Exercise input below:
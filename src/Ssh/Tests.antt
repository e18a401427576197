-- ===== src/Ssh/Tests.antt =====
-- Sessions at concrete tokens; the hash puts a letter before the token.
use microsanbox_cloud.Text.{strip_end, strip_start, replace_runs, to_lower_case, trim}
use microsanbox_cloud.Identity.{normalize_sandbox_id}
use microsanbox_cloud.Effects.{after}
use microsanbox_cloud.Registry.{find_runtime_by_sandbox_id}
use microsanbox_cloud.Prelude.{
  ℕ, false, ◌≡◌, ◌↔◌, refl, [], ◌∷◌, none, some, Text, codes, true, false, arith, text_eq,
}
use microsanbox_cloud.Database.{Db, RuntimeEntity, RuntimePortBindingRecord, Protocol}
use microsanbox_cloud.Guards.{AuthHeader, single, can_activate}
use microsanbox_cloud.Ssh.Routes.{
  Reads, CreateSessionBody, CreatedSession, replied, create_session_route, validate_token_route,
  is_ssh,
}
use microsanbox_cloud.Ssh.Opening.{HasSsh, create_session_route-validate}
use microsanbox_cloud.Registry.Tests.{runtime_a}
use microsanbox_cloud.Ssh.Entries.{SessionEntry}
use microsanbox_cloud.Ssh.{
  Sessions, create_session, validate_session, revoke_session, is_revoked, expiry_ms,
}
use microsanbox_cloud.Ssh.Validity.{IsValid, validate_session_iff}
use microsanbox_cloud.Ssh.Revocation.{creates, validates, answer_all, revoke_session-validate}

abbrev marked : Text → Text
marked token = 104 ∷ token

abbrev no_sessions : Sessions
no_sessions = record { entries = []; revoked = [] }

abbrev box_entry : SessionEntry
box_entry = record { sandbox_id = codes "box"; host_port = 31001; expires_at = 61000 }

abbrev one_session : Sessions
one_session = record { entries = (marked (codes "t"), box_entry) ∷ []; revoked = [] }

abbrev none_left : Sessions
none_left = record { entries = []; revoked = marked (codes "t") ∷ [] }

validate_session_iff_example :
    ((validate_session marked 61000 (codes "t") one_session).0 ≡ some box_entry)
    ↔ IsValid marked 61000 (codes "t") one_session box_entry
validate_session_iff_example = validate_session_iff marked 61000 (codes "t") one_session box_entry

revoked_once : revoke_session marked false (codes "t") one_session ≡ (true, none_left)
unfolding revoke_session text_eq
revoked_once = refl

revoke_session-validate_example :
    validate_session marked 1500 (codes "t") (
      answer_all marked
        (creates 600 1200 1200 (codes "t") (codes "box") 31001 (some 1)
          ∷ validates 1300 (codes "t")
          ∷ [])
        none_left)
    ≡ (
      none,
      answer_all marked
          (creates 600 1200 1200 (codes "t") (codes "box") 31001 (some 1)
            ∷ validates 1300 (codes "t")
            ∷ [])
          none_left,
    )
revoke_session-validate_example =
    revoke_session-validate marked false (codes "t") one_session none_left
      (creates 600 1200 1200 (codes "t") (codes "box") 31001 (some 1)
        ∷ validates 1300 (codes "t")
        ∷ [])
      1500 revoked_once

abbrev gateway : Reads
gateway = record {
  internal_token = codes "secret";
  ttl_seconds = 600;
  host = codes "localhost";
  now = 1000;
  later = 1000;
  token = codes "t";
}

abbrev with_key : AuthHeader
with_key = single (codes "Bearer secret")

abbrev ssh_port : RuntimePortBindingRecord
ssh_port = record {
  name = none;
  container_port = 22;
  host_port = 31001;
  protocol = Protocol.tcp;
  name_last = false;
}

abbrev ssh_box : RuntimeEntity
ssh_box = record runtime_a { sandbox_id = codes "box"; port_bindings = ssh_port ∷ [] }

abbrev ssh_db : Db
ssh_db = record {
  hosts = [];
  runtimes = ssh_box ∷ [];
  leases = [];
  volumes = [];
  preview_tokens = [];
}

abbrev ssh_body : CreateSessionBody
ssh_body = record { sandbox_id = codes "box"; expiry_minutes = some 1 }

abbrev created : CreatedSession
created = record {
  token = codes "t";
  sandbox_id = codes "box";
  expires_at = 61000;
  ssh_command = codes "ssh -p 2222 t@localhost";
}

box_created :
    (create_session_route marked gateway with_key ssh_body ssh_db no_sessions).0 ≡ replied created
unfolding create_session_route can_activate text_eq find_runtime_by_sandbox_id after
    normalize_sandbox_id strip_end strip_start replace_runs to_lower_case trim is_ssh create_session
box_created = refl

create_session_route-validate_example :
    (host_port : ℕ) × HasSsh ssh_db (codes "box") host_port
    × ((validate_token_route marked
          (record gateway { now = 61000 })
          with_key
          (codes "t")
          (create_session_route marked gateway with_key ssh_body ssh_db no_sessions).1).0
        ≡ replied (record { sandbox_id = codes "box"; host_port = host_port; expires_at = 61000 }))
unfolding is_revoked expiry_ms can_activate text_eq
create_session_route-validate_example =
    create_session_route-validate marked gateway (record gateway { now = 61000 }) with_key with_key
      ssh_body ssh_db no_sessions created box_created refl refl (omega arith)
End of Exercise input.
■ What needs to be done
Please reproduce every line of the material word for word.

■ Your response
filename src/Ssh/Tests.antt
repository e18a401427576197
-- ===== src/Ssh/Tests.antt =====
-- Sessions at concrete tokens; the hash puts a letter before the token.
use microsanbox_cloud.Text.{strip_end, strip_start, replace_runs, to_lower_case, trim}
use microsanbox_cloud.Identity.{normalize_sandbox_id}
use microsanbox_cloud.Effects.{after}
use microsanbox_cloud.Registry.{find_runtime_by_sandbox_id}
use microsanbox_cloud.Prelude.{
  ℕ, false, ◌≡◌, ◌↔◌, refl, [], ◌∷◌, none, some, Text, codes, true, false, arith, text_eq,
}
use microsanbox_cloud.Database.{Db, RuntimeEntity, RuntimePortBindingRecord, Protocol}
use microsanbox_cloud.Guards.{AuthHeader, single, can_activate}
use microsanbox_cloud.Ssh.Routes.{
  Reads, CreateSessionBody, CreatedSession, replied, create_session_route, validate_token_route,
  is_ssh,
}
use microsanbox_cloud.Ssh.Opening.{HasSsh, create_session_route-validate}
use microsanbox_cloud.Registry.Tests.{runtime_a}
use microsanbox_cloud.Ssh.Entries.{SessionEntry}
use microsanbox_cloud.Ssh.{
  Sessions, create_session, validate_session, revoke_session, is_revoked, expiry_ms,
}
use microsanbox_cloud.Ssh.Validity.{IsValid, validate_session_iff}
use microsanbox_cloud.Ssh.Revocation.{creates, validates, answer_all, revoke_session-validate}

abbrev marked : Text → Text
marked token = 104 ∷ token

abbrev no_sessions : Sessions
no_sessions = record { entries = []; revoked = [] }

abbrev box_entry : SessionEntry
box_entry = record { sandbox_id = codes "box"; host_port = 31001; expires_at = 61000 }

abbrev one_session : Sessions
one_session = record { entries = (marked (codes "t"), box_entry) ∷ []; revoked = [] }

abbrev none_left : Sessions
none_left = record { entries = []; revoked = marked (codes "t") ∷ [] }

validate_session_iff_example :
    ((validate_session marked 61000 (codes "t") one_session).0 ≡ some box_entry)
    ↔ IsValid marked 61000 (codes "t") one_session box_entry
validate_session_iff_example = validate_session_iff marked 61000 (codes "t") one_session box_entry

revoked_once : revoke_session marked false (codes "t") one_session ≡ (true, none_left)
unfolding revoke_session text_eq
revoked_once = refl

revoke_session-validate_example :
    validate_session marked 1500 (codes "t") (
      answer_all marked
        (creates 600 1200 1200 (codes "t") (codes "box") 31001 (some 1)
          ∷ validates 1300 (codes "t")
          ∷ [])
        none_left)
    ≡ (
      none,
      answer_all marked
          (creates 600 1200 1200 (codes "t") (codes "box") 31001 (some 1)
            ∷ validates 1300 (codes "t")
            ∷ [])
          none_left,
    )
revoke_session-validate_example =
    revoke_session-validate marked false (codes "t") one_session none_left
      (creates 600 1200 1200 (codes "t") (codes "box") 31001 (some 1)
        ∷ validates 1300 (codes "t")
        ∷ [])
      1500 revoked_once

abbrev gateway : Reads
gateway = record {
  internal_token = codes "secret";
  ttl_seconds = 600;
  host = codes "localhost";
  now = 1000;
  later = 1000;
  token = codes "t";
}

abbrev with_key : AuthHeader
with_key = single (codes "Bearer secret")

abbrev ssh_port : RuntimePortBindingRecord
ssh_port = record {
  name = none;
  container_port = 22;
  host_port = 31001;
  protocol = Protocol.tcp;
  name_last = false;
}

abbrev ssh_box : RuntimeEntity
ssh_box = record runtime_a { sandbox_id = codes "box"; port_bindings = ssh_port ∷ [] }

abbrev ssh_db : Db
ssh_db = record {
  hosts = [];
  runtimes = ssh_box ∷ [];
  leases = [];
  volumes = [];
  preview_tokens = [];
}

abbrev ssh_body : CreateSessionBody
ssh_body = record { sandbox_id = codes "box"; expiry_minutes = some 1 }

abbrev created : CreatedSession
created = record {
  token = codes "t";
  sandbox_id = codes "box";
  expires_at = 61000;
  ssh_command = codes "ssh -p 2222 t@localhost";
}

box_created :
    (create_session_route marked gateway with_key ssh_body ssh_db no_sessions).0 ≡ replied created
unfolding create_session_route can_activate text_eq find_runtime_by_sandbox_id after
    normalize_sandbox_id strip_end strip_start replace_runs to_lower_case trim is_ssh create_session
box_created = refl

create_session_route-validate_example :
    (host_port : ℕ) × HasSsh ssh_db (codes "box") host_port
    × ((validate_token_route marked
          (record gateway { now = 61000 })
          with_key
          (codes "t")
          (create_session_route marked gateway with_key ssh_body ssh_db no_sessions).1).0
        ≡ replied (record { sandbox_id = codes "box"; host_port = host_port; expires_at = 61000 }))
unfolding is_revoked expiry_ms can_activate text_eq
create_session_route-validate_example =
    create_session_route-validate marked gateway (record gateway { now = 61000 }) with_key with_key
      ssh_body ssh_db no_sessions created box_created refl refl (omega arith)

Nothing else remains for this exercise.